Cite as: https://hdl.handle.net/21.11116/0000-0001-279B-5
Abstract
In cryo-electron microscopy (EM), molecular structures are determined from large numbers of projection images of individual particles. To harness the full power of this single-molecule information, we use the Bayesian inference of EM (BioEM) formalism. By ranking structural models using posterior probabilities calculated for individual images, BioEM in principle addresses the challenge of working with highly dynamic or heterogeneous systems not easily handled in traditional EM reconstruction. However, the calculation of these posteriors for large numbers of particles and models is computationally demanding. Here we present highly parallelized, GPU-accelerated computer software that performs this task efficiently.
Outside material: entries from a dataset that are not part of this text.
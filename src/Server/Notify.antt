-- ===== src/Server/Notify.antt =====
-- server/server.rs: the events of a session, and what a panic of its worker does to the server.
use minifto.Common.{
  ℕ, ◌≡◌, refl, ◌∙◌, true, false, ◌||◌, Option, none, some, [], ◌∷◌, Bytes, Bool-cases, inl, inr,
  arith, returns, panics,
}
use minifto.Os.{Os}
use minifto.Codec.{decode_command}
use minifto.Connection.{is_close, is_hup}
use minifto.EventLoop.{Token}
use minifto.Session.State.{Machine}
use minifto.Session.Dispatch.{connected, frame_of, greet}
use minifto.Session.Dispatch.Wire.{handle_command-panics}
use minifto.SortedList.{lookup, erase, update}
use minifto.SortedList.Keys.{descriptor}
use minifto.ThreadPool.{execute}
use minifto.TimerList.{TimerList}
use minifto.TimerList.Timed.{Items, IsTimed, get-IsTimed}
use minifto.Kernel.{Kernel}
use minifto.Server.State.{Moment, System, Slot, set_sessions}
use minifto.Server.{notify, notify_session, submit, write_revents, run_job}
use minifto.Server.Served.{At, IsServer}

module _ {os : Os} {kernel : Kernel} (t : ℕ) (m : System os kernel) (l : Items ℕ ℕ)
    (h : IsServer m t m l) (moment : Moment) (fd revents : ℕ) (at : At t moment) (n : ℕ × ℕ)
    (found : lookup fd l ≡ some n) where
  notify_session-lem :
      (s : TimerList ℕ ℕ) × (notify moment (Token.notify fd) revents m
        ≡ notify_session moment fd revents n.1 (set_sessions m s))
      × IsTimed moment.now s ((fd, (moment.now, n.1)) ∷ erase fd l)
  unfolding notify
  notify_session-lem =
      let (s, run, timed) = get-IsTimed t moment.now m.server.sessions l fd n h.timed at.0 found in
      (s, rw (run) refl, timed)

  -- If the server has the session of a descriptor, whose mutex is not poisoned, and the connection
  -- has not hung up, then `notify` returns: the session has the events that came, the pool has one
  -- job more, for this session, and the session is the most recently used one, at the time of the
  -- event.
  pub notify-submit :
      (m.slots n.1).poisoned ≡ false
      → (is_close revents || is_hup revents) ≡ false
      → (m' : System os kernel) × (notify moment (Token.notify fd) revents m ≡ returns m')
        × (m'.server.worker_pool ≡ execute moment.choice n.1 m.server.worker_pool)
        × ((m'.slots n.1).conn.revents ≡ revents)
        × IsTimed moment.now m'.server.sessions ((fd, (moment.now, n.1)) ∷ erase fd l)
  unfolding notify_session submit write_revents
  notify-submit sound stays =
      let (s, run, timed) = notify_session-lem in
      (
        submit moment n.1 (write_revents revents n.1 (set_sessions m s)),
        run ∙ rw (sound, stays) refl,
        refl,
        ground arith,
        timed,
      )

  notify-poisoned :
      (slots : ℕ → Slot os.Sock)
      → (slots n.1).poisoned ≡ true
      → notify moment (Token.notify fd) revents (record m { slots = slots }) ≡ panics
  unfolding notify notify_session
  notify-poisoned slots bad =
      let (s, run, timed) = get-IsTimed t moment.now m.server.sessions l fd n h.timed at.0 found in
      rw (run, bad) refl

module _ (os : Os) (file_info : Bytes → os.World → Option Bytes) (fuel : ℕ) where
  abbrev start : os.World → Slot os.Sock → Machine os
  start world slot = record { session = slot.session; world = world; sent = [] }

  run_job-poisoned :
      (msg : Bytes) (world : os.World) (slot : Slot os.Sock)
      → connected slot.session.cmd_state ≡ true
      → frame_of (decode_command msg) ≡ none
      → (slot' : Slot os.Sock) × (run_job os file_info fuel (some msg) world slot ≡ some slot')
        × (slot'.poisoned ≡ true)
  unfolding run_job
  run_job-poisoned msg world slot is_open bad = elim (Bool-cases slot.poisoned) [
    | inl e ↦ (slot, rw (e) refl, e)
    | inr e ↦ (
      record slot { session = (greet file_info fuel (start world slot)).session; poisoned = true },
      rw (e, handle_command-panics file_info fuel msg (start world slot) is_open bad) refl,
      refl,
    )
  ]

  -- Of a session that the server has, and whose connection is open, let a worker handle a message
  -- that does not decode to a command. The job leaves the mutex of the session poisoned, and the
  -- next event of its connection, whatever it is, panics the thread of the server.
  pub notify-run_job :
      {kernel : Kernel} (t : ℕ) (m : System os kernel) (l : Items ℕ ℕ) (moment : Moment)
      (fd revents : ℕ) (n : ℕ × ℕ) (msg : Bytes) (world : os.World)
      → IsServer m t m l
      → At t moment
      → lookup fd l ≡ some n
      → connected (m.slots n.1).session.cmd_state ≡ true
      → frame_of (decode_command msg) ≡ none
      → (slot : Slot os.Sock) × (run_job os file_info fuel (some msg) world (m.slots n.1)
          ≡ some slot)
        × (notify moment (Token.notify fd) revents (record m { slots = update m.slots n.1 slot })
            ≡ panics)
  notify-run_job t m l moment fd revents n msg world h at found is_open bad =
      let (slot, run, poisoned) = run_job-poisoned msg world (m.slots n.1) is_open bad in
      (
        slot,
        run,
        notify-poisoned t m l h moment fd revents at n found (update m.slots n.1 slot)
            (ground (arith, poisoned)),
      )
Our flexible formulation employs CUDA, OpenMP, and MPI parallelization combined with both CPU and GPU computing. The resulting BioEM software scales nearly ideally both on pure CPU and on CPU+GPU architectures, thus enabling Bayesian analysis of tens of thousands of images in a reasonable time. The general mathematical framework and robust algorithms are not limited to cryo-electron microscopy but can be generalized for electron tomography and other imaging experiments.